Pitfalls and compiler errors
Async Rust has sharp edges. The compiler catches many mistakes, but some require understanding the model.
Blocking the runtime. The cardinal sin of async is calling a synchronous function that blocks. If you call std::thread::sleep inside an async function, you freeze the entire thread. The runtime can't poll other tasks. Your concurrency collapses. Always use async equivalents like tokio::time::sleep. If you must call a blocking function, offload it to a thread pool using tokio::task::spawn_blocking.
The Send trait. Futures often need to be Send to move across threads. The Send trait means a value can be transferred to another thread safely. If you hold a Rc inside a future, it won't be Send. Rc uses reference counting that isn't thread-safe. The compiler rejects this with E0277 (trait bound not satisfied). Use Arc instead. Arc provides atomic reference counting that works across threads.
Locks and awaits. Never .await while holding a std::sync::Mutex. You hold the lock, you yield the thread, the runtime moves the task to another thread, and you try to lock again. This can deadlock or cause starvation. Use tokio::sync::Mutex if you need to share state across tasks and the lock might be held across an .await point. tokio::sync::Mutex releases the lock when you yield and reacquires it when you resume.
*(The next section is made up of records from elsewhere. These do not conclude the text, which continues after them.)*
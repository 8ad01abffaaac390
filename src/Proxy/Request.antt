-- ===== src/Proxy/Request.antt =====
-- scripts/proxy.py: what a handler is given and what it answers; authentication and parameters.
use taihu.Base.{
  ℕ, Bool, true, false, ◌&&◌, Option, none, some, List, [], ltb, if◌then◌else◌, Text, lit, ◌==◌, ℤ,
  pos, strip, is_space, all,
}
use taihu.Json.{Json, null, int, str, arr, nil, cons, Fields, end, field, get}
use taihu.Files.Tree.{Tree}
use taihu.Proxy.Rule.{text_of}
use taihu.Proxy.Manager.{Manager}

pub data Verb : Type 0 where
  get_verb post put delete : Verb

-- The request body: its bytes are none, no JSON, or a JSON value.
pub data Body : Type 0 where
  empty malformed : Body
  json : Json → Body

-- How `subprocess` ends for a command: an argument raises what is no OSError (a NUL in the command, a
-- timeout that is too large), it cannot be started, it ends in time, or it is killed.
pub data Process : Type 0 where
  not_accepted : Process
  not_started : Text → Process
  finished : ℤ → Text → Text → Process
  timed_out : ℤ → Text → Text → Process

-- A request, with what the machine contributes while it is handled: the clock, the system's answer to
-- a bind, and the bytes that arrive after the headers.
pub record Request : Type 0 where
  pub verb : Verb
  pub path : Text
  pub query : Fields
  pub x_token : Option Text
  pub body : Body
  pub content_length : Option Text
  pub stream : List ℕ
  pub now : ℕ
  pub elapsed_ms : ℕ
  pub bind_error : Option Text

pub record World : Type 0 where
  pub proxy : Manager
  pub tree : Tree

-- A JSON answer with its status, a file sent as a stream, the headers of a file with a JSON answer
-- behind them in place of its bytes, or an exception that no handler catches, after which nothing has
-- been sent.
pub data Reply : Type 0 where
  sent : ℕ → Fields → Reply
  download : Text → List ℕ → Reply
  spoiled : Text → Fields → Reply
  crashed : Reply

abbrev pub error_of : ℕ → ℕ → Text → Reply
error_of status number message =
    sent status (field (lit "code") (int (pos number)) (field (lit "error") (str message) end))

-- `hmac.compare_digest` on two texts, which raises a TypeError unless both are ASCII.
unfoldable pub compare_digest : Text → Text → Option Bool
unfolding ◌==◌
compare_digest a b =
    if all (λ c. ltb c 128) a && all (λ c. ltb c 128) b then some (a == b) else none

abbrev pub text_or : Text → Option Text → Text
text_or default none = default
text_or default (some s) = s

-- `_authed`: `none` is the exception.
unfoldable pub authed : Option Text → Option Text → Option Bool
unfolding compare_digest
authed none header = some true
authed (some token) header = compare_digest (text_or [] header) token

-- `_require_auth` in front of a handler.
unfoldable pub with_auth : Option Bool → World → Reply × World → Reply × World
with_auth none w handled = (crashed, w)
with_auth (some false) w handled = (error_of 401 401 (lit "unauthorized"), w)
with_auth (some true) w handled = handled

module _ (repr : Json → Text) where
  -- A list counts by its first element.
  unfoldable pub first_or : Json → Option Json → Json
  first_or default none = default
  first_or default (some (arr nil)) = default
  first_or default (some (arr (cons v items))) = v
  first_or default (some v) = v

  -- `str(v).strip()`, where `None` counts as the default.
  unfoldable pub shown_or : Text → Json → Text
  unfolding text_of strip is_space
  shown_or default null = strip is_space default
  shown_or default v = strip is_space (text_of repr v)

  unfoldable pub param : Fields → Text → Text → Text
  unfolding shown_or first_or
  param params key default = shown_or default (first_or (str default) (get key params))
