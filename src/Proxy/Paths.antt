-- ===== src/Proxy/Paths.antt =====
-- scripts/proxy.py: `_resolve`, with what it uses of `urllib.parse.unquote` and `os.path`.
use taihu.Base.{
  ℕ, ◌+◌, ◌-◌, ◌*◌, true, false, ◌&&◌, ◌||◌, Option, none, some, List, [], ◌∷◌, ◌++◌, ltb, leb, eqb,
  if◌then◌else◌, Text, lit, ◌==◌, is_empty, ends_with, join, reverse, split_slash, leading_slashes,
  is_abs,
}
use taihu.Files.Tree.{FilePath}

unfoldable pub hex_digit : ℕ → Option ℕ
hex_digit c =
    if leb b'0' c && leb c b'9'
    then some (c - b'0')
    else if leb b'A' c && leb c b'F'
    then some (c - 55)
    else if leb b'a' c && leb c b'f'
    then some (c - 87)
    else none

abbrev both : Option ℕ → Option ℕ → Option ℕ
both (some h) (some l) = some (h * 16 + l)
both _ _ = none

-- The byte that two hexadecimal digits stand for.
unfoldable pub hex_byte : ℕ → ℕ → Option ℕ
unfolding hex_digit
hex_byte h l = both (hex_digit h) (hex_digit l)

-- The bytes of a run of ASCII characters, with its escapes read.
unfoldable pub unquote_to_bytes : Text → List ℕ
unfolding hex_byte
unquote_to_bytes [] = []
unquote_to_bytes (c ∷ []) = c ∷ []
unquote_to_bytes (c ∷ d ∷ []) = c ∷ d ∷ []
unquote_to_bytes (c ∷ h ∷ l ∷ s) = elim (eqb c b'%') [
  | true ↦ elim (hex_byte h l) [
    | some b ↦ b ∷ unquote_to_bytes s
    | none ↦ c ∷ unquote_to_bytes (h ∷ l ∷ s)
  ]
  | false ↦ c ∷ unquote_to_bytes (h ∷ l ∷ s)
]

-- The loop of `normpath` on an absolute path, with the segments kept so far, the last one first.
unfoldable pub norm_step : List Text → Text → List Text
unfolding ◌==◌
norm_step kept segment =
    if is_empty segment || segment == lit "."
    then kept
    else if segment == lit ".."
    then (elim kept [ [] ↦ [] | t ∷ ts ↦ ts ])
    else segment ∷ kept

unfoldable pub norm_segments : List Text → List Text → FilePath
unfolding norm_step
norm_segments kept [] = reverse kept
norm_segments kept (s ∷ ss) = norm_segments (norm_step kept s) ss

unfoldable pub segments : Text → FilePath
unfolding norm_segments split_slash
segments s = norm_segments [] (split_slash s)

-- `os.path.normpath` of an absolute path, as a text.
unfoldable pub normpath : Text → Text
unfolding leading_slashes segments join
normpath s = leading_slashes s ++ join (lit "/") (segments s)

-- `os.path.join(root, p)` for a relative `p`.
unfoldable pub join_path : Text → Text → Text
unfolding ends_with
join_path root p = if ends_with root (lit "/") then root ++ p else root ++ (b'/' ∷ p)

-- `decode` reads bytes as UTF-8, with replacement characters for what is none.
module _ (decode : List ℕ → Text) where
  -- A run of ASCII characters, reversed, decoded in front of the rest.
  abbrev flush : Text → Text → Text
  flush [] rest = rest
  flush (c ∷ run) rest = decode (unquote_to_bytes (reverse (c ∷ run))) ++ rest

  unfoldable pub unquote_runs : Text → Text → Text
  unquote_runs run [] = flush run []
  unquote_runs run (c ∷ s) = elim (ltb c 128) [
    | true ↦ unquote_runs (c ∷ run) s
    | false ↦ flush run (c ∷ unquote_runs [] s)
  ]

  unfoldable pub unquote : Text → Text
  unfolding unquote_runs unquote_to_bytes
  unquote s = unquote_runs [] s

  unfoldable pub resolve_text : Text → Text → Text
  unfolding is_abs normpath join_path
  resolve_text root p = if is_abs p then normpath p else normpath (join_path root p)

  -- `_resolve`
  unfoldable pub resolve : Text → Text → Text
  unfolding unquote resolve_text
  resolve root raw_path = resolve_text root (unquote raw_path)
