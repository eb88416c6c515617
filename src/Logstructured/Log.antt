-- ===== src/Logstructured/Log.antt =====
-- The interface `Log` of pkg/logstructured/logstructured.go: each method takes the state of the log and
-- returns its results and the state after it.
use kine.Prelude.{ℕ, Bool, Option, List, Bytes}
use kine.Types.{Event, Error}

pub record Log (S : Type 0) : Type 0 where
  pub compact_revision : S → (ℕ × Option Error) × S
  pub current_revision : S → (ℕ × Option Error) × S
  pub list : Bytes → Bytes → ℕ → ℕ → Bool → Bool → S → (ℕ × List Event × Option Error) × S
  pub count : Bytes → Bytes → ℕ → S → (ℕ × ℕ × Option Error) × S
  pub after : Bytes → Bytes → ℕ → ℕ → S → (ℕ × List Event × Option Error) × S
  pub append : Event → S → (ℕ × Option Error) × S
  pub db_size : S → (ℕ × Option Error) × S
  pub compact : ℕ → S → (ℕ × Option Error) × S
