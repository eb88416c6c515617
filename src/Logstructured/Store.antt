-- ===== src/Logstructured/Store.antt =====
-- pkg/logstructured/logstructured.go: the operations. A write reads the newest event of its key and
-- then appends; `between` is what other clients and processes do to the log between the two calls.
use kine.Prelude.{
  ℕ, Bool, true, false, not, ◌&&◌, Option, none, some, List, [], ◌∷◌, Bytes, leb, ◌==◌,
  if◌then◌else◌,
}
use kine.Types.{KeyValue, Event, Error, key_exists, empty_kv}
use kine.Logstructured.Log.{Log}

abbrev pub kv_of : Option Event → Option KeyValue
kv_of none = none
kv_of (some e) = e.kv

-- `event.KV.ModRevision`, of an event whose `KV` is not nil
abbrev pub mod_of : Event → ℕ
mod_of e = elim e.kv [ none ↦ 0 | some kv ↦ kv.mod_revision ]

abbrev pub create_of : Event → ℕ
create_of e = elim e.kv [ none ↦ 0 | some kv ↦ kv.create_revision ]

abbrev pub head_event : List Event → Option Event
head_event [] = none
head_event (e ∷ events) = some e

abbrev pub create_event : Bytes → Bytes → ℕ → ℕ → Event
create_event key value lease prev = record {
  delete = false;
  create = true;
  kv = some (record empty_kv { key = key; value = value; lease = lease });
  prev_kv = some (record empty_kv { mod_revision = prev });
}

abbrev pub update_event : Bytes → Bytes → ℕ → Event → Event
update_event key value lease e = record {
  delete = false;
  create = false;
  kv =
      some (record empty_kv {
        key = key;
        value = value;
        create_revision = create_of e;
        lease = lease;
      });
  prev_kv = some (record empty_kv { mod_revision = mod_of e });
}

abbrev pub delete_event : Bytes → Event → Event
delete_event key e = record {
  delete = true;
  create = false;
  kv = some (record empty_kv { key = key });
  prev_kv = some (record empty_kv { mod_revision = mod_of e });
}

-- `updateEvent.KV.ModRevision = rev`
abbrev pub stamped : ℕ → Option KeyValue → Option KeyValue
stamped rev none = none
stamped rev (some kv) = some (record kv { mod_revision = rev })

abbrev pub kvs_of : List Event → List (Option KeyValue)
kvs_of [] = []
kvs_of (e ∷ events) = e.kv ∷ kvs_of events

-- `filter`
unfoldable pub filter : List Event → ℕ → List Event
filter [] rev = []
filter (e ∷ events) rev =
    let rest = filter events rev in if leb (mod_of e) rev then rest else e ∷ events

module _ {S : Type 0} (log : Log S) where
  -- the first two results of `get`, and its error
  abbrev pub got : (ℕ × List Event × Option Error) × S → (ℕ × Option Event × Option Error) × S
  got ((rev, events, some e), s) = ((0, none, some e), s)
  got ((rev, events, none), s) = ((rev, head_event events, none), s)

  unfoldable pub get_event : Bytes → ℕ → Bool → Bool → S → (ℕ × Option Event × Option Error) × S
  get_event key revision include_deletes keys_only s =
      got (log.list key [] 1 revision include_deletes keys_only s)

  abbrev pub adjusted : ℕ → (ℕ × Option Error) × S → ℕ × S
  adjusted rev ((new_rev, none), s) = (new_rev, s)
  adjusted rev ((new_rev, some e), s) = (rev, s)

  unfoldable pub adjust_revision : ℕ × S → ℕ × S
  adjust_revision (rev, s) =
      if not (rev == 0) then (rev, s) else adjusted rev (log.current_revision s)

  -- the deferred calls of `adjustRevision`, on the first of the results
  abbrev pub adjust_get :
      (ℕ × Option KeyValue × Option Error) × S → (ℕ × Option KeyValue × Option Error) × S
  adjust_get ((rev, kv, err), s) =
      let (rev', s') = adjust_revision (rev, s) in ((rev', kv, err), s')

  abbrev pub adjust_create : (ℕ × Option Error) × S → (ℕ × Option Error) × S
  adjust_create ((rev, err), s) = let (rev', s') = adjust_revision (rev, s) in ((rev', err), s')

  abbrev pub adjust_write :
      (ℕ × Option KeyValue × Bool × Option Error) × S
      → (ℕ × Option KeyValue × Bool × Option Error) × S
  adjust_write ((rev, kv, done, err), s) =
      let (rev', s') = adjust_revision (rev, s) in ((rev', kv, done, err), s')

  unfoldable pub get : Bytes → ℕ → Bool → S → (ℕ × Option KeyValue × Option Error) × S
  get key revision keys_only s =
      let ((rev, event, err), s') = get_event key revision false keys_only s in
      adjust_get ((rev, kv_of event, err), s')

  module _ (between : S → S) where
    abbrev pub create_got :
        Bytes → Bytes → ℕ → (ℕ × Option Event × Option Error) × S → (ℕ × Option Error) × S
    create_got key value lease ((rev, event, some e), s) = ((0, some e), s)
    create_got key value lease ((rev, none, none), s) =
        log.append (create_event key value lease 0) (between s)
    create_got key value lease ((rev, some event, none), s) =
        if not event.delete
        then ((0, some key_exists), s)
        else log.append (create_event key value lease (mod_of event)) (between s)

    unfoldable pub create : Bytes → Bytes → ℕ → S → (ℕ × Option Error) × S
    create key value lease s =
        adjust_create (create_got key value lease (get_event key 0 true true s))

    -- `Delete` after a failed append, whose revision is `rev`: the result of the second `get`
    abbrev pub delete_failed :
        ℕ
        → Event
        → (ℕ × Option Event × Option Error) × S
        → (ℕ × Option KeyValue × Bool × Option Error) × S
    delete_failed rev event ((latest_rev, latest, some e), s) = ((rev, event.kv, false, none), s)
    delete_failed rev event ((latest_rev, none, none), s) = ((rev, event.kv, false, none), s)
    delete_failed rev event ((latest_rev, some latest, none), s) =
        ((latest_rev, latest.kv, false, none), s)

    abbrev pub delete_appended :
        Bytes → Event → (ℕ × Option Error) × S → (ℕ × Option KeyValue × Bool × Option Error) × S
    delete_appended key event ((rev, none), s) = ((rev, event.kv, true, none), s)
    delete_appended key event ((rev, some e), s) =
        delete_failed rev event (get_event key 0 true false s)

    abbrev pub delete_got :
        Bytes
        → ℕ
        → (ℕ × Option Event × Option Error) × S
        → (ℕ × Option KeyValue × Bool × Option Error) × S
    delete_got key revision ((rev, event, some e), s) = ((0, none, false, some e), s)
    delete_got key revision ((rev, none, none), s) = ((rev, none, true, none), s)
    delete_got key revision ((rev, some event, none), s) =
        if event.delete
        then ((rev, none, false, none), s)
        else if not (revision == 0) && not (mod_of event == revision)
        then ((rev, event.kv, false, none), s)
        else delete_appended key event (log.append (delete_event key event) (between s))

    unfoldable pub delete : Bytes → ℕ → S → (ℕ × Option KeyValue × Bool × Option Error) × S
    delete key revision s = adjust_write (delete_got key revision (get_event key 0 true false s))

    -- `Update` after a failed append
    abbrev pub update_failed :
        (ℕ × Option Event × Option Error) × S → (ℕ × Option KeyValue × Bool × Option Error) × S
    update_failed ((rev, event, err), s) = ((rev, kv_of event, false, err), s)

    abbrev pub update_appended :
        Bytes
        → Option KeyValue
        → (ℕ × Option Error) × S
        → (ℕ × Option KeyValue × Bool × Option Error) × S
    update_appended key kv ((rev, none), s) = ((rev, stamped rev kv, true, none), s)
    update_appended key kv ((rev, some e), s) = update_failed (get_event key 0 false false s)

    abbrev pub update_got :
        Bytes
        → Bytes
        → ℕ
        → ℕ
        → (ℕ × Option Event × Option Error) × S
        → (ℕ × Option KeyValue × Bool × Option Error) × S
    update_got key value revision lease ((rev, event, some e), s) = ((0, none, false, some e), s)
    update_got key value revision lease ((rev, none, none), s) = ((0, none, false, none), s)
    update_got key value revision lease ((rev, some event, none), s) =
        if not (mod_of event == revision)
        then ((rev, event.kv, false, none), s)
        else (let e = update_event key value lease event in
            update_appended key e.kv (log.append e (between s)))

    unfoldable pub update :
        Bytes → Bytes → ℕ → ℕ → S → (ℕ × Option KeyValue × Bool × Option Error) × S
    update key value revision lease s =
        adjust_write (update_got key value revision lease (get_event key 0 false false s))

  unfoldable pub list :
      Bytes → Bytes → ℕ → ℕ → Bool → S → (ℕ × List (Option KeyValue) × Option Error) × S
  list key end limit revision keys_only s =
      let ((rev, events, err), s') = log.list key end limit revision false keys_only s in
      ((rev, kvs_of events, err), s')

  unfoldable pub count : Bytes → Bytes → ℕ → S → (ℕ × ℕ × Option Error) × S
  count key end revision s = log.count key end revision s
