-- ===== src/Logstructured/Lawful.antt =====
-- What pkg/logstructured relies on in its log: the newest event of each key, and an append that does not
-- fit if an event of its key follows the same revision already (a database has the pair of a key and a
-- previous revision once; a compaction can delete the event that follows). Sqllog/Lawful has the log of
-- pkg/logstructured/sqllog as one.
use kine.Prelude.{
  ℕ, ◌<◌, ◌≡◌, Bool, true, false, not, ◌&&◌, Option, none, some, List, [], ◌∷◌, Bytes,
  if◌then◌else◌,
}
use kine.Types.{KeyValue, Event, Error}
use kine.Logstructured.Log.{Log}

pub record Row : Type 0 where
  pub create : Bool
  pub delete : Bool
  pub kv : KeyValue
  pub prev : Option KeyValue

abbrev pub event_of : Bool → Row → Event
event_of keys_only row = record {
  delete = row.delete;
  create = row.create;
  kv = some (if keys_only then record row.kv { value = [] } else row.kv);
  prev_kv = row.prev;
}

-- what a list of one key returns
abbrev pub found : Bool → Bool → Option Row → List Event
found include_deletes keys_only none = []
found include_deletes keys_only (some row) =
    if row.delete && not include_deletes then [] else event_of keys_only row ∷ []

pub record LawfulLog {S : Type 0} (log : Log S) : Type 1 where
  -- the states where the log knows its newest revision
  pub is_current : S → Type 0
  pub revision : S → ℕ
  pub newest : S → Bytes → Option Row
  -- whether an event of the key is there whose previous revision is this one
  pub is_followed : S → Bytes → ℕ → Bool
  -- the error of an append that does not fit, and the revision of one that does
  pub unique : Error
  pub next : S → ℕ
  pub current_revision-revision :
      (s : S) → is_current s → log.current_revision s ≡ ((revision s, none), s)
  pub list-newest :
      (s : S) (key : Bytes) (include_deletes keys_only : Bool)
      → is_current s
      → log.list key [] 1 0 include_deletes keys_only s
        ≡ ((revision s, found include_deletes keys_only (newest s key), none), s)
  pub append_followed :
      (s : S) (e : Event) (kv prev : KeyValue)
      → e.kv ≡ some kv
      → e.prev_kv ≡ some prev
      → is_followed s kv.key prev.mod_revision ≡ true
      → log.append e s ≡ ((0, some unique), s)
  pub append_next :
      (s : S) (e : Event) (kv prev : KeyValue)
      → e.kv ≡ some kv
      → e.prev_kv ≡ some prev
      → is_followed s kv.key prev.mod_revision ≡ false
      → (log.append e s).0 ≡ (next s, none)
  pub next_above : (s : S) → revision s < next s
Lifetimes in async. Async functions usually require 'static bounds for spawned tasks. If you spawn a task that borrows local data, the data might be dropped before the task finishes. The compiler enforces this. You can't hold references across .await points unless the references are valid for the entire duration of the future. This is why async code often boxes data or uses Arc to manage ownership.
Convention aside: The community convention is to use Rc::clone(&data) instead of data.clone() when cloning an Rc. Both compile and work. The explicit form signals to readers that you're cloning the reference, not the underlying data. It prevents confusion with deep clones.
Decision matrix
Use async/await for I/O-bound workloads where you need to handle thousands of concurrent connections with low memory overhead. Use threads for CPU-bound tasks where the work involves heavy computation and doesn't block on external resources. Use tokio::spawn when you need to detach a task and let it run independently without waiting for the result. Use tokio::join! when you need to run multiple tasks concurrently and wait for all of them to finish before proceeding. Use std::sync::Mutex for protecting shared state within a single thread or when the critical section is tiny and never involves .await. Use tokio::sync::Mutex when you must share state across tasks and the lock might be held across an .await point. Use Arc<T> for shared ownership in async code that crosses thread boundaries. Use Rc<T> only for single-threaded async code where thread safety is impossible or unnecessary.